When the line containing "linked code (err _) = pure internal_error" appears in the entries below, begin printing there and stop after the line containing "upsert_account sub email"; print each of those lines exactly and no other line.

------ TASK INPUT

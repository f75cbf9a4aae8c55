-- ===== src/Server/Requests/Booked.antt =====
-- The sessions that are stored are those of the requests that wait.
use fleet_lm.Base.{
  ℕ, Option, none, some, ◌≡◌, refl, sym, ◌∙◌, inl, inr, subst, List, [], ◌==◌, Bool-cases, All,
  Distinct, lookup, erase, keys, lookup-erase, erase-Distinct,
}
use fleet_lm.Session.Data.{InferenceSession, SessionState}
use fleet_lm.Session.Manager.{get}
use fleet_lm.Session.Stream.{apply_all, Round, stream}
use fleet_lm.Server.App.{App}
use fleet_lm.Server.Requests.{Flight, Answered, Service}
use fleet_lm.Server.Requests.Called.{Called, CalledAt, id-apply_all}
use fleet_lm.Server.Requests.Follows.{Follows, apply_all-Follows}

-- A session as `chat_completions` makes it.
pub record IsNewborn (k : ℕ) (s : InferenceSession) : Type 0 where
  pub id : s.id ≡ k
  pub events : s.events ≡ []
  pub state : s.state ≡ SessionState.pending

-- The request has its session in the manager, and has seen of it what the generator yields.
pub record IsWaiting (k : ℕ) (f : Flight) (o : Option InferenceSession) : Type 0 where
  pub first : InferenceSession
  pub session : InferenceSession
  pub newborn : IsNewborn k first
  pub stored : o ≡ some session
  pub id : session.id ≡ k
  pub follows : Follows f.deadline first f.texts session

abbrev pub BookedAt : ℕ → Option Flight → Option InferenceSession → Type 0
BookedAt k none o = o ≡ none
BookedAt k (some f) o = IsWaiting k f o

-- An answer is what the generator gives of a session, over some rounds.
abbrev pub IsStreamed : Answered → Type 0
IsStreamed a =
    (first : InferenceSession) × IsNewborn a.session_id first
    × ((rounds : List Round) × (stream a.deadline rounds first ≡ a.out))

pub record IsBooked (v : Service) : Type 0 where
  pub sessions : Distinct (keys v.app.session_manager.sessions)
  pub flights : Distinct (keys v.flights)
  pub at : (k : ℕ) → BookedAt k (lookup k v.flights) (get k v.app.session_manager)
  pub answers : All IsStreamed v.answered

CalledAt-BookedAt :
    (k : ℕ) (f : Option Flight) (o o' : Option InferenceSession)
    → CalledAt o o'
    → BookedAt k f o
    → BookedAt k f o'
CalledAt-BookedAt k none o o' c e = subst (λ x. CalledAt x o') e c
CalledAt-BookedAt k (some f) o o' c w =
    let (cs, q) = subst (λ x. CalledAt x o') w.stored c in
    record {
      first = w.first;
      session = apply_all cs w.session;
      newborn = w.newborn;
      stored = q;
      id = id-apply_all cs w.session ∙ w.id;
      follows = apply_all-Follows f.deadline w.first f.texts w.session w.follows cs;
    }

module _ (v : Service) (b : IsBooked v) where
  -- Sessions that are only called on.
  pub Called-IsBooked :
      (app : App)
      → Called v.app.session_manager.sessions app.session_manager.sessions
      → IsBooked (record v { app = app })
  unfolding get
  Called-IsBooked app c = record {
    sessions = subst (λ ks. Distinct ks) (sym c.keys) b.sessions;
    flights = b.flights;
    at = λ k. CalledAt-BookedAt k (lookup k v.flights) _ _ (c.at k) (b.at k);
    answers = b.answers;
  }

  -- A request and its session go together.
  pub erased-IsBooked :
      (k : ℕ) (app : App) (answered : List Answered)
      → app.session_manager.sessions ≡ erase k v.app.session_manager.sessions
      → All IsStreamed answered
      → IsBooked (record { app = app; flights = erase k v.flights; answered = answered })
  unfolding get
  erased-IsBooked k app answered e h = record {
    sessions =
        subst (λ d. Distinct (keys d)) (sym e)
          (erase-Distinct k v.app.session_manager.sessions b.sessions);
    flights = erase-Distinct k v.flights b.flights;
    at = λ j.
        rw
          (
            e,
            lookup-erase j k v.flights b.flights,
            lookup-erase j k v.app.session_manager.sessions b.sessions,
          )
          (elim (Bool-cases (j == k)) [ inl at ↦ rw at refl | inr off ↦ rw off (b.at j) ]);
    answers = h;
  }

------------
------ TASK INPUT

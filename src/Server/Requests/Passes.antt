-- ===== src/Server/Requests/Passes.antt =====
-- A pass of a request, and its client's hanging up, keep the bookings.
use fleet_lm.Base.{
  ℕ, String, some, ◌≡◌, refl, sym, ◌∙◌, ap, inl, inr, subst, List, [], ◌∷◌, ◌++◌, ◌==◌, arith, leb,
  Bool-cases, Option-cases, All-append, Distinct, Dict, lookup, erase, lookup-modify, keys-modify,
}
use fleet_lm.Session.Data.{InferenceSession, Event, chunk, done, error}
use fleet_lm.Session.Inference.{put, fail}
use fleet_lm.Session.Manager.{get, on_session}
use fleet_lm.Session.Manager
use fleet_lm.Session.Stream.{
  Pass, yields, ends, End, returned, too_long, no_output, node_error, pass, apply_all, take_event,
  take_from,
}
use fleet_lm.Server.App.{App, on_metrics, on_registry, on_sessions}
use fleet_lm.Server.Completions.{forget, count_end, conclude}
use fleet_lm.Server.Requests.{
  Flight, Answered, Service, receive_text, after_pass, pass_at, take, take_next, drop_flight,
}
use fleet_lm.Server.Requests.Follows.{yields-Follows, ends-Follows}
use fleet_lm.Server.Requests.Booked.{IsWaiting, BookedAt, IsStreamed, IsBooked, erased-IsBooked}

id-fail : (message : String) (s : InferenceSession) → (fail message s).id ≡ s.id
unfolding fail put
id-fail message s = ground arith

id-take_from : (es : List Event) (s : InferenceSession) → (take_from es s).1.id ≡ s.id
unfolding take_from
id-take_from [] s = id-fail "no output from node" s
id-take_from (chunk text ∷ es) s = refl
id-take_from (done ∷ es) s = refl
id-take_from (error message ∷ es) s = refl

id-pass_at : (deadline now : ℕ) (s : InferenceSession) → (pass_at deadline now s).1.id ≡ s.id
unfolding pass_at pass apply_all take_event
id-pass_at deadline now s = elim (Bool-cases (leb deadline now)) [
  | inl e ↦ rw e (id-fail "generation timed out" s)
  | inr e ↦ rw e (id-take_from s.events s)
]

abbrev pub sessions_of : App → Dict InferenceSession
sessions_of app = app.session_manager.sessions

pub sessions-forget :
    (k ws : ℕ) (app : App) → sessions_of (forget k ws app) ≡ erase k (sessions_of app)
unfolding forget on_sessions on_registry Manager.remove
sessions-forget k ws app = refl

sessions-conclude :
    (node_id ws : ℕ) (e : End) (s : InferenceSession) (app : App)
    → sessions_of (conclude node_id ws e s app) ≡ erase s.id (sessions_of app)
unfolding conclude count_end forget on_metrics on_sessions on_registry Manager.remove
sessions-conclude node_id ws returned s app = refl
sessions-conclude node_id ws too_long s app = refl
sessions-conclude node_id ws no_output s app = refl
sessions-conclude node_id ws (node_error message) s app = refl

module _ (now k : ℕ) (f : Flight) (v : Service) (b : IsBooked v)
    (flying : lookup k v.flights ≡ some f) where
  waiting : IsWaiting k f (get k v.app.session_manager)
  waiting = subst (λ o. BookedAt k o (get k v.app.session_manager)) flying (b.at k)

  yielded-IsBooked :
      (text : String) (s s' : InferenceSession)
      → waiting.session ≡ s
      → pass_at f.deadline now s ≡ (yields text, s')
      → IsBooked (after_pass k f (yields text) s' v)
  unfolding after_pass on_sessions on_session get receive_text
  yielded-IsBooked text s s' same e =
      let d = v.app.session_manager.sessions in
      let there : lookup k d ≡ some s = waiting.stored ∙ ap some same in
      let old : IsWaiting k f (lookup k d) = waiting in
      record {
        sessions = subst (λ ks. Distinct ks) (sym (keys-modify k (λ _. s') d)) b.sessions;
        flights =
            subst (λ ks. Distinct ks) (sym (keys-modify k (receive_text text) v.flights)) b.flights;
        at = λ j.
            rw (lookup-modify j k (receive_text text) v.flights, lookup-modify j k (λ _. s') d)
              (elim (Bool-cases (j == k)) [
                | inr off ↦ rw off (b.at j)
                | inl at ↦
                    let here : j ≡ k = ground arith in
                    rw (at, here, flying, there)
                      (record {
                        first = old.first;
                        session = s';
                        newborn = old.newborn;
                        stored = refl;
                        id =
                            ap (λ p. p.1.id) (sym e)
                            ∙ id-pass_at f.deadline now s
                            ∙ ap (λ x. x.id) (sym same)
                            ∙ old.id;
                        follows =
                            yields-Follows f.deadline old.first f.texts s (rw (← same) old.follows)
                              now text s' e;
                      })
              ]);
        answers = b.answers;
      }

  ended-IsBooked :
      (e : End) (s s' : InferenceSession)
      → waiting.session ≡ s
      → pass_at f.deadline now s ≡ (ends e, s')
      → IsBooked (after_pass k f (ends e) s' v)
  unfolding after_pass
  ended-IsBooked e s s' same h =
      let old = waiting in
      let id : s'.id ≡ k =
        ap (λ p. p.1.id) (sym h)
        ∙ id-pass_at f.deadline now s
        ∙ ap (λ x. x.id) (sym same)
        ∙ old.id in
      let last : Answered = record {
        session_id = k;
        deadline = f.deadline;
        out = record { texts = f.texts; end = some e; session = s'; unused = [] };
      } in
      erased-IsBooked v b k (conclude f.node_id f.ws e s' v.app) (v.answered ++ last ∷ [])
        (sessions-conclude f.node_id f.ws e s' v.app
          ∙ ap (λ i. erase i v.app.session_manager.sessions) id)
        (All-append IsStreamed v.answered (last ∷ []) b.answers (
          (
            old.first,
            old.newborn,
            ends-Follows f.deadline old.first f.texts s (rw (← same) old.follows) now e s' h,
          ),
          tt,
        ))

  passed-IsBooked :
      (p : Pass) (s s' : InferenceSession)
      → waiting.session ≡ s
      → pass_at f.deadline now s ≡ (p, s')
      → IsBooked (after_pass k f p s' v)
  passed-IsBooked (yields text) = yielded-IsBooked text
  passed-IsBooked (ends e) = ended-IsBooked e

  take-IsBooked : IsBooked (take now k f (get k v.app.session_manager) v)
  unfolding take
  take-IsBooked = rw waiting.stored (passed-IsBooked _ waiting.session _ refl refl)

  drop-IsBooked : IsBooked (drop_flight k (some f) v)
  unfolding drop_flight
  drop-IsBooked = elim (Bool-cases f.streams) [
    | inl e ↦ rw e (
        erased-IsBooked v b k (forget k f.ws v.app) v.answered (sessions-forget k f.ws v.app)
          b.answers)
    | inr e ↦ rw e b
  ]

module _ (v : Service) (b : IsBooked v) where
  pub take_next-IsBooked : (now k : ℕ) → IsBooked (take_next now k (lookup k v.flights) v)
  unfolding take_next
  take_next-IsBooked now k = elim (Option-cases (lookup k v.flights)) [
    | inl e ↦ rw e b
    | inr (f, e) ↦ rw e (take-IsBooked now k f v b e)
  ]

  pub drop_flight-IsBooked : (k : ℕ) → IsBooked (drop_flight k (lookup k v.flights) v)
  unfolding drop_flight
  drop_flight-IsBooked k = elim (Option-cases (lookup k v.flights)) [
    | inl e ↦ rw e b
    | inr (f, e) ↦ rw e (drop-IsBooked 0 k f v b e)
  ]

------------
------ TASK INPUT

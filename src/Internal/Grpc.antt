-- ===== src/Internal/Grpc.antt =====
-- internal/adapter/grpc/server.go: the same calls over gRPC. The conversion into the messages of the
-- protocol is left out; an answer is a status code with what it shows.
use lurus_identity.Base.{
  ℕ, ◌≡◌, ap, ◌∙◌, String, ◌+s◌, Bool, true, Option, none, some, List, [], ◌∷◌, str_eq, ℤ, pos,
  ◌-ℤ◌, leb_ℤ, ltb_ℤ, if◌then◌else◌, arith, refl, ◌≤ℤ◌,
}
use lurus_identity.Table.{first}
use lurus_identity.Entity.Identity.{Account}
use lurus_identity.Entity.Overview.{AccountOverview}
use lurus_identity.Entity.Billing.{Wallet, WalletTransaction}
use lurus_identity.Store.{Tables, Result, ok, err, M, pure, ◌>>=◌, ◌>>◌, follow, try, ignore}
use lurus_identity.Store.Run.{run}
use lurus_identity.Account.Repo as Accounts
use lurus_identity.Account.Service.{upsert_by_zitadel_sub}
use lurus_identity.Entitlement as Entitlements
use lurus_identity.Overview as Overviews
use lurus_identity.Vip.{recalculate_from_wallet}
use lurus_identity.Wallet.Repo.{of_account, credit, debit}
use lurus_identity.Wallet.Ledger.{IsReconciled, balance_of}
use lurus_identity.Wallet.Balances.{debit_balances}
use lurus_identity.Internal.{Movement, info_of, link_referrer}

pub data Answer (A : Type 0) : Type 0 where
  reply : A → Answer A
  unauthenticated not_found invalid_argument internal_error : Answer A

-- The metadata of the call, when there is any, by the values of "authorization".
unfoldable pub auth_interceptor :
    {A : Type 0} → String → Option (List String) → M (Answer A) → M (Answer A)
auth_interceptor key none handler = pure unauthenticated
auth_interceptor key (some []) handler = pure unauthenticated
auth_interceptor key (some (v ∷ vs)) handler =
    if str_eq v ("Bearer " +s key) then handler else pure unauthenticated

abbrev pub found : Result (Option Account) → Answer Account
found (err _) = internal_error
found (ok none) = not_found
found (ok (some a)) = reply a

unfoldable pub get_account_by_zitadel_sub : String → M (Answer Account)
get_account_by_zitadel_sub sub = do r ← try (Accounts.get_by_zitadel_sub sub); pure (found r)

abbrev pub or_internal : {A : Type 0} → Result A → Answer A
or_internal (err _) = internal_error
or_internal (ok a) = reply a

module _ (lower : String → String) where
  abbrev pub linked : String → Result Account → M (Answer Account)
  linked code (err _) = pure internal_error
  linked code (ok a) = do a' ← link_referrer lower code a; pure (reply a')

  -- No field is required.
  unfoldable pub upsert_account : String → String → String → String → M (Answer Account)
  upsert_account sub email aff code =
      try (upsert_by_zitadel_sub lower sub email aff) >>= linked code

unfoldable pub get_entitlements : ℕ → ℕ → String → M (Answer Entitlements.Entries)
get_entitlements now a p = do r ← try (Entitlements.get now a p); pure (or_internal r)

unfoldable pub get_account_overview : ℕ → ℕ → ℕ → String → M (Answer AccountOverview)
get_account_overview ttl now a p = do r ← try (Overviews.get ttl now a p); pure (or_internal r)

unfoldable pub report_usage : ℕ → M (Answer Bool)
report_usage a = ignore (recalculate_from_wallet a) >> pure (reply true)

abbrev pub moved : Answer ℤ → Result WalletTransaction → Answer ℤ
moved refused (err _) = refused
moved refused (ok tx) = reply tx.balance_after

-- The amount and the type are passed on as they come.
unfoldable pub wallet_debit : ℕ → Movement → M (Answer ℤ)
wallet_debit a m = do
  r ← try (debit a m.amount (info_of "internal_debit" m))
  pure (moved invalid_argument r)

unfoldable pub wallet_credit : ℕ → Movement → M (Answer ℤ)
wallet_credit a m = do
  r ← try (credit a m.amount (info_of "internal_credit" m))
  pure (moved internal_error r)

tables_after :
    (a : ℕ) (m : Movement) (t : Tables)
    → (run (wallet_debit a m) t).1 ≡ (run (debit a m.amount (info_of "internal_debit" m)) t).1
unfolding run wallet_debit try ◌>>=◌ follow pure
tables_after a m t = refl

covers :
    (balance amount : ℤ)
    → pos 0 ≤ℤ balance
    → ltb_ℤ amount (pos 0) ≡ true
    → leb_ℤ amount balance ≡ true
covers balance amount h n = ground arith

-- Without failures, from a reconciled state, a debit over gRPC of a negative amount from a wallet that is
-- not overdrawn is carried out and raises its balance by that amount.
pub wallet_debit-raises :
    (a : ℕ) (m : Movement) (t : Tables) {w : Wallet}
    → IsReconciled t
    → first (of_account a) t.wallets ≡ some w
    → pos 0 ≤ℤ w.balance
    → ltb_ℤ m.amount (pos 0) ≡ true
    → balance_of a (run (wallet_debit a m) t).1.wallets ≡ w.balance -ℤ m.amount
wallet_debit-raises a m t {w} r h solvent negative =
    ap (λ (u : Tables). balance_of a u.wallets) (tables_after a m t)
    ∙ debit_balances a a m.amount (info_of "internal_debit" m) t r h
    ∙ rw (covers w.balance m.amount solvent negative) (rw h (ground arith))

------------

[SOLUTION TO THIS TASK]
  linked code (err _) = pure internal_error
  linked code (ok a) = do a' ← link_referrer lower code a; pure (reply a')

  -- No field is required.
  unfoldable pub upsert_account : String → String → String → String → M (Answer Account)
  upsert_account sub email aff code =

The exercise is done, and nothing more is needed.